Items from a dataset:
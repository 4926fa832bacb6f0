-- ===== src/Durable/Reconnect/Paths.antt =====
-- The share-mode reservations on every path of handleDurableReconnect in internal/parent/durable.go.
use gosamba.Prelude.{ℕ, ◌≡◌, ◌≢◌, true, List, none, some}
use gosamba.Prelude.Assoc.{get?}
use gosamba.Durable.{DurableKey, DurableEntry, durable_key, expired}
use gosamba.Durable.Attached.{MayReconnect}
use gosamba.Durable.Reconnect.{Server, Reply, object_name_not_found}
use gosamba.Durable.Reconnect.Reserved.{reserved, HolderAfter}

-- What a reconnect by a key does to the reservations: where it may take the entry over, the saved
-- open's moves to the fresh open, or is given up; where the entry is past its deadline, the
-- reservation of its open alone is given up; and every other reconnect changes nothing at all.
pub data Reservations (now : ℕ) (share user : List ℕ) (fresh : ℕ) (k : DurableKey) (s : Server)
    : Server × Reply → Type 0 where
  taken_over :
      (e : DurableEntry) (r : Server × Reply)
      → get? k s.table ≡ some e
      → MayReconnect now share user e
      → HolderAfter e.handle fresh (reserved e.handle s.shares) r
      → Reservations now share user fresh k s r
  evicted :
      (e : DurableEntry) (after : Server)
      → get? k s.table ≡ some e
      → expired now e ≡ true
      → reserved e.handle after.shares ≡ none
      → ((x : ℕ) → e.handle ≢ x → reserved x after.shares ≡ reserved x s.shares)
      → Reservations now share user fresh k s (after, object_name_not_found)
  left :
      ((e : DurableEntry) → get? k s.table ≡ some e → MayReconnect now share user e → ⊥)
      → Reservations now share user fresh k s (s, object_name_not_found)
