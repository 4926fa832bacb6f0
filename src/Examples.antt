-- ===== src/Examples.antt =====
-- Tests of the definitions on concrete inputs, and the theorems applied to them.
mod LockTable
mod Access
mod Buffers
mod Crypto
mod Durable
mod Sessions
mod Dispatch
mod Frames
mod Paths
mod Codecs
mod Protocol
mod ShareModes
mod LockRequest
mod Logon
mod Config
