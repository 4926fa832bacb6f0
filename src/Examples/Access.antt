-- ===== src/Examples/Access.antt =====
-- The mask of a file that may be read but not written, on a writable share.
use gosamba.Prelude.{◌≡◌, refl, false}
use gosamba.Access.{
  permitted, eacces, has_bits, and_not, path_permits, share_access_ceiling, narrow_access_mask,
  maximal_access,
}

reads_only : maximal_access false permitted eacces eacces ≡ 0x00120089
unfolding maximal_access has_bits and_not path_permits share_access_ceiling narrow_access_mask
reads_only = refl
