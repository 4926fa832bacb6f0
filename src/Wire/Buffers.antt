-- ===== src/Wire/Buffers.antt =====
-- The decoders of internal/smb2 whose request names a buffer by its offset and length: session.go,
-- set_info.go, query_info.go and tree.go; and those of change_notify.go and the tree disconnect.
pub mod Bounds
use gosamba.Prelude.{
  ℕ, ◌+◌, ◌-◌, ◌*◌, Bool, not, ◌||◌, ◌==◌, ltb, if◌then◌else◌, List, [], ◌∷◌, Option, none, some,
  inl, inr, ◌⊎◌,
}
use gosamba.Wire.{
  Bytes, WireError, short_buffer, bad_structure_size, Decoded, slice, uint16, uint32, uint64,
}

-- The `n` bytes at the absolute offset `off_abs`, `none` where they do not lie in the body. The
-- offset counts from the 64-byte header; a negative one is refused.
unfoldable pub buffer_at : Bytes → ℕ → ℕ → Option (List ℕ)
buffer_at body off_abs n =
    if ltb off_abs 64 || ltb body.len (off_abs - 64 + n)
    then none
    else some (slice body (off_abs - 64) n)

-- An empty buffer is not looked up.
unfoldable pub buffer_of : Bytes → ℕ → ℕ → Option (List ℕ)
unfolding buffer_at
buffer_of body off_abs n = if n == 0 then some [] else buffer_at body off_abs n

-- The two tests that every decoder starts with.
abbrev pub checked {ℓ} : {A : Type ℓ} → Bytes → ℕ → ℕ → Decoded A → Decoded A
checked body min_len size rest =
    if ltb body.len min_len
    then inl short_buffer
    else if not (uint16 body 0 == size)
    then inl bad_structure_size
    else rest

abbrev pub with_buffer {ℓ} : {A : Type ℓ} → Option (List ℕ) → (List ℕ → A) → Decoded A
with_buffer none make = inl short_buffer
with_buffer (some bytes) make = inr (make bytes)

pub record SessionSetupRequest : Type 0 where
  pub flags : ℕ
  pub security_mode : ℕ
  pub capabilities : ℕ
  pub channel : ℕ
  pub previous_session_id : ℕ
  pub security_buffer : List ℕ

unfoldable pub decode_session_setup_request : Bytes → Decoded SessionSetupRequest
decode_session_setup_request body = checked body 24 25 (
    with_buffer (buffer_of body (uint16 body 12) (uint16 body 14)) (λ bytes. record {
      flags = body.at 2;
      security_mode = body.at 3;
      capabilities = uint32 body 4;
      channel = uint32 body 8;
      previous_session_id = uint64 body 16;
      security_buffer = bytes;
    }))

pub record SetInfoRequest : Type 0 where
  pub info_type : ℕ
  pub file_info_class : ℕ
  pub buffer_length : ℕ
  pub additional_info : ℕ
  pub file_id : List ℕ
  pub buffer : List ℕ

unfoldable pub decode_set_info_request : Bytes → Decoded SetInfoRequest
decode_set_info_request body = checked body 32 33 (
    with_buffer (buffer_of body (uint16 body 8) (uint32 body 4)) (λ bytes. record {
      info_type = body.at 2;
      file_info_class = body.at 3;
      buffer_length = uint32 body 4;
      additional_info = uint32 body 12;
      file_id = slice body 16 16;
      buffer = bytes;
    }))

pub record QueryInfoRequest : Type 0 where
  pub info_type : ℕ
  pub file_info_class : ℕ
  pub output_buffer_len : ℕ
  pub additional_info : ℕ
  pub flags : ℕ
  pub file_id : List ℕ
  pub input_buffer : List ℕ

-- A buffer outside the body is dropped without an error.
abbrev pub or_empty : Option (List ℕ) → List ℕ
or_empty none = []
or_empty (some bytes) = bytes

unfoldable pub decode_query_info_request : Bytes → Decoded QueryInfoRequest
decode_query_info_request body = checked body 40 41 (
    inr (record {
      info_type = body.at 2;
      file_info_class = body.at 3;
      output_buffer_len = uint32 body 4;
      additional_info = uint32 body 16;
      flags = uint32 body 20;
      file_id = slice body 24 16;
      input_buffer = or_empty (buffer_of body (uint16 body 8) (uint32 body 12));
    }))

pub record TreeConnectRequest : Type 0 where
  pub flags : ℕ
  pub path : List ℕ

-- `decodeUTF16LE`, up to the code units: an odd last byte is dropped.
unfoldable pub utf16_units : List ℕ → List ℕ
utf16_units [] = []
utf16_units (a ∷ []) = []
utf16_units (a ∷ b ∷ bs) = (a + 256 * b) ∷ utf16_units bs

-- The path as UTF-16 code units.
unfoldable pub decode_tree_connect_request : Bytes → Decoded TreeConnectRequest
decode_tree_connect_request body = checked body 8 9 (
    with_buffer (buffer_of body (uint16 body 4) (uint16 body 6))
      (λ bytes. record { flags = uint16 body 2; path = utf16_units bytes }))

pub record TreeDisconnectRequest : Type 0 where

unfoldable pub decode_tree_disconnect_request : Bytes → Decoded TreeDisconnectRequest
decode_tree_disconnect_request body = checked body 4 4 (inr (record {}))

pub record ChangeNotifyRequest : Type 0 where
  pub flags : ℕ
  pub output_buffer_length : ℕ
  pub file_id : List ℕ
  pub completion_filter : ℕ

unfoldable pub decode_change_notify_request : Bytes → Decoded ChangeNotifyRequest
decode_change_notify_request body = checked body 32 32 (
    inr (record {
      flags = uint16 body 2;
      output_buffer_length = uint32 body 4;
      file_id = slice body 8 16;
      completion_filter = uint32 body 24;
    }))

#### [Problem to solve]
Every line above has to be restated word for word.

#### [Exercise solution]
repository 4926fa832bacb6f0
-- ===== src/Durable/Reconnect/Paths.antt =====
-- The share-mode reservations on every path of handleDurableReconnect in internal/parent/durable.go.
use gosamba.Prelude.{ℕ, ◌≡◌, ◌≢◌, true, List, none, some}
use gosamba.Prelude.Assoc.{get?}
use gosamba.Durable.{DurableKey, DurableEntry, durable_key, expired}
use gosamba.Durable.Attached.{MayReconnect}
use gosamba.Durable.Reconnect.{Server, Reply, object_name_not_found}
use gosamba.Durable.Reconnect.Reserved.{reserved, HolderAfter}

-- What a reconnect by a key does to the reservations: where it may take the entry over, the saved
-- open's moves to the fresh open, or is given up; where the entry is past its deadline, the
-- reservation of its open alone is given up; and every other reconnect changes nothing at all.
pub data Reservations (now : ℕ) (share user : List ℕ) (fresh : ℕ) (k : DurableKey) (s : Server)
    : Server × Reply → Type 0 where
  taken_over :
      (e : DurableEntry) (r : Server × Reply)
      → get? k s.table ≡ some e
      → MayReconnect now share user e
      → HolderAfter e.handle fresh (reserved e.handle s.shares) r
      → Reservations now share user fresh k s r
  evicted :
      (e : DurableEntry) (after : Server)
      → get? k s.table ≡ some e
      → expired now e ≡ true
      → reserved e.handle after.shares ≡ none
      → ((x : ℕ) → e.handle ≢ x → reserved x after.shares ≡ reserved x s.shares)
      → Reservations now share user fresh k s (after, object_name_not_found)
  left :
      ((e : DurableEntry) → get? k s.table ≡ some e → MayReconnect now share user e → ⊥)
      → Reservations now share user fresh k s (s, object_name_not_found)
repository 4926fa832bacb6f0
filename src/Examples.antt
-- ===== src/Examples.antt =====
-- Tests of the definitions on concrete inputs, and the theorems applied to them.
mod LockTable
mod Access
mod Buffers
mod Crypto
mod Durable
mod Sessions
mod Dispatch
mod Frames
mod Paths
mod Codecs
mod Protocol
mod ShareModes
mod LockRequest
mod Logon
mod Config
repository 4926fa832bacb6f0
filename src/Examples/Access.antt
-- ===== src/Examples/Access.antt =====
-- The mask of a file that may be read but not written, on a writable share.
use gosamba.Prelude.{◌≡◌, refl, false}
use gosamba.Access.{
  permitted, eacces, has_bits, and_not, path_permits, share_access_ceiling, narrow_access_mask,
  maximal_access,
}

reads_only : maximal_access false permitted eacces eacces ≡ 0x00120089
unfolding maximal_access has_bits and_not path_permits share_access_ceiling narrow_access_mask
reads_only = refl
repository 4926fa832bacb6f0
filename src/Wire/Buffers.antt
-- ===== src/Wire/Buffers.antt =====
-- The decoders of internal/smb2 whose request names a buffer by its offset and length: session.go,
-- set_info.go, query_info.go and tree.go; and those of change_notify.go and the tree disconnect.
pub mod Bounds
use gosamba.Prelude.{
  ℕ, ◌+◌, ◌-◌, ◌*◌, Bool, not, ◌||◌, ◌==◌, ltb, if◌then◌else◌, List, [], ◌∷◌, Option, none, some,
  inl, inr, ◌⊎◌,
}
use gosamba.Wire.{
  Bytes, WireError, short_buffer, bad_structure_size, Decoded, slice, uint16, uint32, uint64,
}

-- The `n` bytes at the absolute offset `off_abs`, `none` where they do not lie in the body. The
-- offset counts from the 64-byte header; a negative one is refused.
unfoldable pub buffer_at : Bytes → ℕ → ℕ → Option (List ℕ)
buffer_at body off_abs n =
    if ltb off_abs 64 || ltb body.len (off_abs - 64 + n)
    then none
    else some (slice body (off_abs - 64) n)

-- An empty buffer is not looked up.
unfoldable pub buffer_of : Bytes → ℕ → ℕ → Option (List ℕ)
unfolding buffer_at
buffer_of body off_abs n = if n == 0 then some [] else buffer_at body off_abs n

-- The two tests that every decoder starts with.
abbrev pub checked {ℓ} : {A : Type ℓ} → Bytes → ℕ → ℕ → Decoded A → Decoded A
checked body min_len size rest =
    if ltb body.len min_len
    then inl short_buffer
    else if not (uint16 body 0 == size)
    then inl bad_structure_size
    else rest

abbrev pub with_buffer {ℓ} : {A : Type ℓ} → Option (List ℕ) → (List ℕ → A) → Decoded A
with_buffer none make = inl short_buffer
with_buffer (some bytes) make = inr (make bytes)

pub record SessionSetupRequest : Type 0 where
  pub flags : ℕ
  pub security_mode : ℕ
  pub capabilities : ℕ
  pub channel : ℕ
  pub previous_session_id : ℕ
  pub security_buffer : List ℕ

unfoldable pub decode_session_setup_request : Bytes → Decoded SessionSetupRequest
decode_session_setup_request body = checked body 24 25 (
    with_buffer (buffer_of body (uint16 body 12) (uint16 body 14)) (λ bytes. record {
      flags = body.at 2;
      security_mode = body.at 3;
      capabilities = uint32 body 4;
      channel = uint32 body 8;
      previous_session_id = uint64 body 16;
      security_buffer = bytes;
    }))

pub record SetInfoRequest : Type 0 where
  pub info_type : ℕ
  pub file_info_class : ℕ
  pub buffer_length : ℕ
  pub additional_info : ℕ
  pub file_id : List ℕ
  pub buffer : List ℕ

unfoldable pub decode_set_info_request : Bytes → Decoded SetInfoRequest
decode_set_info_request body = checked body 32 33 (
    with_buffer (buffer_of body (uint16 body 8) (uint32 body 4)) (λ bytes. record {
      info_type = body.at 2;
      file_info_class = body.at 3;
      buffer_length = uint32 body 4;
      additional_info = uint32 body 12;
      file_id = slice body 16 16;
      buffer = bytes;
    }))

pub record QueryInfoRequest : Type 0 where
  pub info_type : ℕ
  pub file_info_class : ℕ
  pub output_buffer_len : ℕ
  pub additional_info : ℕ
  pub flags : ℕ
  pub file_id : List ℕ
  pub input_buffer : List ℕ

-- A buffer outside the body is dropped without an error.
abbrev pub or_empty : Option (List ℕ) → List ℕ
or_empty none = []
or_empty (some bytes) = bytes

unfoldable pub decode_query_info_request : Bytes → Decoded QueryInfoRequest
decode_query_info_request body = checked body 40 41 (
    inr (record {
      info_type = body.at 2;
      file_info_class = body.at 3;
      output_buffer_len = uint32 body 4;
      additional_info = uint32 body 16;
      flags = uint32 body 20;
      file_id = slice body 24 16;
      input_buffer = or_empty (buffer_of body (uint16 body 8) (uint32 body 12));
    }))

pub record TreeConnectRequest : Type 0 where
  pub flags : ℕ
  pub path : List ℕ

-- `decodeUTF16LE`, up to the code units: an odd last byte is dropped.
unfoldable pub utf16_units : List ℕ → List ℕ
utf16_units [] = []
utf16_units (a ∷ []) = []
utf16_units (a ∷ b ∷ bs) = (a + 256 * b) ∷ utf16_units bs

-- The path as UTF-16 code units.
unfoldable pub decode_tree_connect_request : Bytes → Decoded TreeConnectRequest
decode_tree_connect_request body = checked body 8 9 (
    with_buffer (buffer_of body (uint16 body 4) (uint16 body 6))
      (λ bytes. record { flags = uint16 body 2; path = utf16_units bytes }))

pub record TreeDisconnectRequest : Type 0 where

unfoldable pub decode_tree_disconnect_request : Bytes → Decoded TreeDisconnectRequest
decode_tree_disconnect_request body = checked body 4 4 (inr (record {}))

pub record ChangeNotifyRequest : Type 0 where
  pub flags : ℕ
  pub output_buffer_length : ℕ
  pub file_id : List ℕ
  pub completion_filter : ℕ

unfoldable pub decode_change_notify_request : Bytes → Decoded ChangeNotifyRequest
decode_change_notify_request body = checked body 32 32 (
    inr (record {
      flags = uint16 body 2;
      output_buffer_length = uint32 body 4;
      file_id = slice body 8 16;
      completion_filter = uint32 body 24;
    }))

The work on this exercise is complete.